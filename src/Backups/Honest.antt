-- ===== src/Backups/Honest.antt =====
-- What the status and the condition tell after reconcileStanzaCreate.

use ivory_operator.Backups.{
  cluster_writable, ◌∷◌, condition_replica_repo_ready, Repo, BackupState, BackupSpec, is_true,
  RepoStatus,
}
use ivory_operator.Backups.Created.{
  stanzas_created, mark_created, reconcile_stanza_create, after_stanza, StanzaOutcome,
  note_repo_ready, repo_status_of, repo_ready,
}
use ivory_operator.Instances.{Instance}
use ivory_operator.Kube.{Condition, StatusConditions}
use ivory_operator.Prelude.{
  eq_iff, inr, if◌then◌else◌, inl, ◌∙◌, ◌||◌, ap, true, not, ◌⊎◌, sym, refl, [], arith, none, false,
  if_elim, Bool, List, some, ◌≡◌, ℕ, Option,
}

abbrev pub has_stanza : Option RepoStatus → Bool
has_stanza none = false
has_stanza (some status) = status.stanza_created

is_true-repo_ready :
    (generation : ℕ) (status : Option RepoStatus)
    → is_true (some (repo_ready generation status)) ≡ has_stanza status
unfolding repo_ready is_true
is_true-repo_ready generation none = refl
is_true-repo_ready generation (some status) =
    if_elim {A = Condition} (λ c. is_true (some c) ≡ status.stanza_created) status.stanza_created
      (λ e. sym e) (λ e. sym e)

type-repo_ready :
    (generation : ℕ) (status : Option RepoStatus)
    → (repo_ready generation status).type ≡ condition_replica_repo_ready
unfolding repo_ready
type-repo_ready generation none = refl
type-repo_ready generation (some status) = ground arith

module _ {C : Type 0} ⦃sc : StatusConditions C⦄ (spec : BackupSpec) where
  -- The condition and the status of the first repository agree.
  abbrev pub Agrees : List Repo → BackupState C → Type 0
  Agrees [] s = Unit {0}
  Agrees (repo ∷ rest) s =
      is_true (sc.find s.conditions condition_replica_repo_ready)
      ≡ has_stanza (repo_status_of repo.name s.repos)

  note_repo_ready-Agrees :
      (s : BackupState C)
      → Agrees spec.repos (note_repo_ready spec s) × ((note_repo_ready spec s).repos ≡ s.repos)
  unfolding note_repo_ready
  note_repo_ready-Agrees s = go spec.repos
    where
      go :
          (repos : List Repo)
          → let after : BackupState C = elim repos [
            | [] ↦ s
            | repo ∷ rest ↦ record s {
              conditions =
                  sc.set s.conditions
                    (repo_ready spec.generation (repo_status_of repo.name s.repos));
            }
          ] in
            Agrees repos after × (after.repos ≡ s.repos)
      go [] = (tt, refl)
      go (repo ∷ rest) =
          let status = repo_status_of repo.name s.repos in
          let c = repo_ready spec.generation status in
          (
            ap is_true (
                  sc.find-set s.conditions c condition_replica_repo_ready
                  ∙ ap
                      (λ b. if b then some c else sc.find s.conditions condition_replica_repo_ready)
                      ((eq_iff c.type condition_replica_repo_ready).1
                        (type-repo_ready spec.generation status)))
                ∙ is_true-repo_ready spec.generation status,
            refl,
          )

module _ {E C : Type 0} ⦃sc : StatusConditions C⦄ (spec : BackupSpec)
    (instances : List Instance) where
  -- The stanzas are marked as created by a call that ran on a writable instance, found its
  -- configuration, and succeeded; or no mark changes.
  abbrev pub IsHonest : Bool × Option E → BackupState C → StanzaOutcome E C → Type 0
  IsHonest answer s out =
      (out.state.repos ≡ s.repos)
      ⊎ ((out.state.repos ≡ mark_created s.repos)
          × (cluster_writable instances ≡ true)
          × (answer ≡ (false, none))
          × (out.mismatch ≡ false)
          × (out.err ≡ none))

  after_stanza-IsHonest :
      (s : BackupState C) (answer : Bool × Option E)
      → cluster_writable instances ≡ true
      → IsHonest answer s (after_stanza s answer)
  unfolding after_stanza
  after_stanza-IsHonest s (mismatch, some e) w = inl refl
  after_stanza-IsHonest s (true, none) w = inl refl
  after_stanza-IsHonest s (false, none) w = inr (refl, w, refl, refl, refl)

  -- Stanzas get their mark only from a call on a writable instance that found the configuration it
  -- looked for and returned no error, and keep their marks otherwise. After every outcome, the
  -- condition of the first repository is true exactly when its status has the mark.
  pub reconcile_stanza_create-IsHonest :
      (s : BackupState C) (answer : Bool × Option E)
      → IsHonest answer s (reconcile_stanza_create spec instances s answer)
        × Agrees spec spec.repos (reconcile_stanza_create spec instances s answer).state
  unfolding reconcile_stanza_create
  reconcile_stanza_create-IsHonest s answer =
      if_elim {A = StanzaOutcome E C}
        (λ out.
          IsHonest answer s (record out { state = note_repo_ready spec out.state })
          × Agrees spec spec.repos (note_repo_ready spec out.state))
        (not (cluster_writable instances) || stanzas_created s.repos)
        (λ _. (inl (note_repo_ready-Agrees spec s).1, (note_repo_ready-Agrees spec s).0))
        (λ e.
          let out : StanzaOutcome E C = after_stanza s answer in
          let (agrees, repos) = note_repo_ready-Agrees spec out.state in
          (
            elim (after_stanza-IsHonest s answer (ground (arith, e))) [
              | inl h ↦ inl (repos ∙ h)
              | inr (h, w, a, m, n) ↦ inr (repos ∙ h, w, a, m, n)
            ],
            agrees,
          ))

....

- _WHAT THIS TASK INVOLVES_
Output each entry once again, exactly as shown above.

- _ANSWER TO THE EXERCISE_
filename src/Backups/Honest.antt
-- ===== src/Backups/Honest.antt =====
-- What the status and the condition tell after reconcileStanzaCreate.

use ivory_operator.Backups.{
  cluster_writable, ◌∷◌, condition_replica_repo_ready, Repo, BackupState, BackupSpec, is_true,
  RepoStatus,
}
use ivory_operator.Backups.Created.{
  stanzas_created, mark_created, reconcile_stanza_create, after_stanza, StanzaOutcome,
  note_repo_ready, repo_status_of, repo_ready,
}
use ivory_operator.Instances.{Instance}
use ivory_operator.Kube.{Condition, StatusConditions}
use ivory_operator.Prelude.{
  eq_iff, inr, if◌then◌else◌, inl, ◌∙◌, ◌||◌, ap, true, not, ◌⊎◌, sym, refl, [], arith, none, false,
  if_elim, Bool, List, some, ◌≡◌, ℕ, Option,
}

abbrev pub has_stanza : Option RepoStatus → Bool
has_stanza none = false
has_stanza (some status) = status.stanza_created

is_true-repo_ready :
    (generation : ℕ) (status : Option RepoStatus)
    → is_true (some (repo_ready generation status)) ≡ has_stanza status
unfolding repo_ready is_true
is_true-repo_ready generation none = refl
is_true-repo_ready generation (some status) =
    if_elim {A = Condition} (λ c. is_true (some c) ≡ status.stanza_created) status.stanza_created
      (λ e. sym e) (λ e. sym e)

type-repo_ready :
    (generation : ℕ) (status : Option RepoStatus)
    → (repo_ready generation status).type ≡ condition_replica_repo_ready
unfolding repo_ready
type-repo_ready generation none = refl
type-repo_ready generation (some status) = ground arith

module _ {C : Type 0} ⦃sc : StatusConditions C⦄ (spec : BackupSpec) where
  -- The condition and the status of the first repository agree.
  abbrev pub Agrees : List Repo → BackupState C → Type 0
  Agrees [] s = Unit {0}
  Agrees (repo ∷ rest) s =
      is_true (sc.find s.conditions condition_replica_repo_ready)
      ≡ has_stanza (repo_status_of repo.name s.repos)

  note_repo_ready-Agrees :
      (s : BackupState C)
      → Agrees spec.repos (note_repo_ready spec s) × ((note_repo_ready spec s).repos ≡ s.repos)
  unfolding note_repo_ready
  note_repo_ready-Agrees s = go spec.repos
    where
      go :
          (repos : List Repo)
          → let after : BackupState C = elim repos [
            | [] ↦ s
            | repo ∷ rest ↦ record s {
              conditions =
                  sc.set s.conditions
                    (repo_ready spec.generation (repo_status_of repo.name s.repos));
            }
          ] in
            Agrees repos after × (after.repos ≡ s.repos)
      go [] = (tt, refl)
      go (repo ∷ rest) =
          let status = repo_status_of repo.name s.repos in
          let c = repo_ready spec.generation status in
          (
            ap is_true (
                  sc.find-set s.conditions c condition_replica_repo_ready
                  ∙ ap
                      (λ b. if b then some c else sc.find s.conditions condition_replica_repo_ready)
                      ((eq_iff c.type condition_replica_repo_ready).1
                        (type-repo_ready spec.generation status)))
                ∙ is_true-repo_ready spec.generation status,
            refl,
          )

module _ {E C : Type 0} ⦃sc : StatusConditions C⦄ (spec : BackupSpec)
    (instances : List Instance) where
  -- The stanzas are marked as created by a call that ran on a writable instance, found its
  -- configuration, and succeeded; or no mark changes.
  abbrev pub IsHonest : Bool × Option E → BackupState C → StanzaOutcome E C → Type 0
  IsHonest answer s out =
      (out.state.repos ≡ s.repos)
      ⊎ ((out.state.repos ≡ mark_created s.repos)
          × (cluster_writable instances ≡ true)
          × (answer ≡ (false, none))
          × (out.mismatch ≡ false)
          × (out.err ≡ none))

  after_stanza-IsHonest :
      (s : BackupState C) (answer : Bool × Option E)
      → cluster_writable instances ≡ true
      → IsHonest answer s (after_stanza s answer)
  unfolding after_stanza
  after_stanza-IsHonest s (mismatch, some e) w = inl refl
  after_stanza-IsHonest s (true, none) w = inl refl
  after_stanza-IsHonest s (false, none) w = inr (refl, w, refl, refl, refl)

  -- Stanzas get their mark only from a call on a writable instance that found the configuration it
  -- looked for and returned no error, and keep their marks otherwise. After every outcome, the
  -- condition of the first repository is true exactly when its status has the mark.
  pub reconcile_stanza_create-IsHonest :
      (s : BackupState C) (answer : Bool × Option E)
      → IsHonest answer s (reconcile_stanza_create spec instances s answer)
        × Agrees spec spec.repos (reconcile_stanza_create spec instances s answer).state
  unfolding reconcile_stanza_create
  reconcile_stanza_create-IsHonest s answer =
      if_elim {A = StanzaOutcome E C}
        (λ out.
          IsHonest answer s (record out { state = note_repo_ready spec out.state })
          × Agrees spec spec.repos (note_repo_ready spec out.state))
        (not (cluster_writable instances) || stanzas_created s.repos)
        (λ _. (inl (note_repo_ready-Agrees spec s).1, (note_repo_ready-Agrees spec s).0))
        (λ e.
          let out : StanzaOutcome E C = after_stanza s answer in
          let (agrees, repos) = note_repo_ready-Agrees spec out.state in
          (
            elim (after_stanza-IsHonest s answer (ground (arith, e))) [
              | inl h ↦ inl (repos ∙ h)
              | inr (h, w, a, m, n) ↦ inr (repos ∙ h, w, a, m, n)
            ],
            agrees,
          ))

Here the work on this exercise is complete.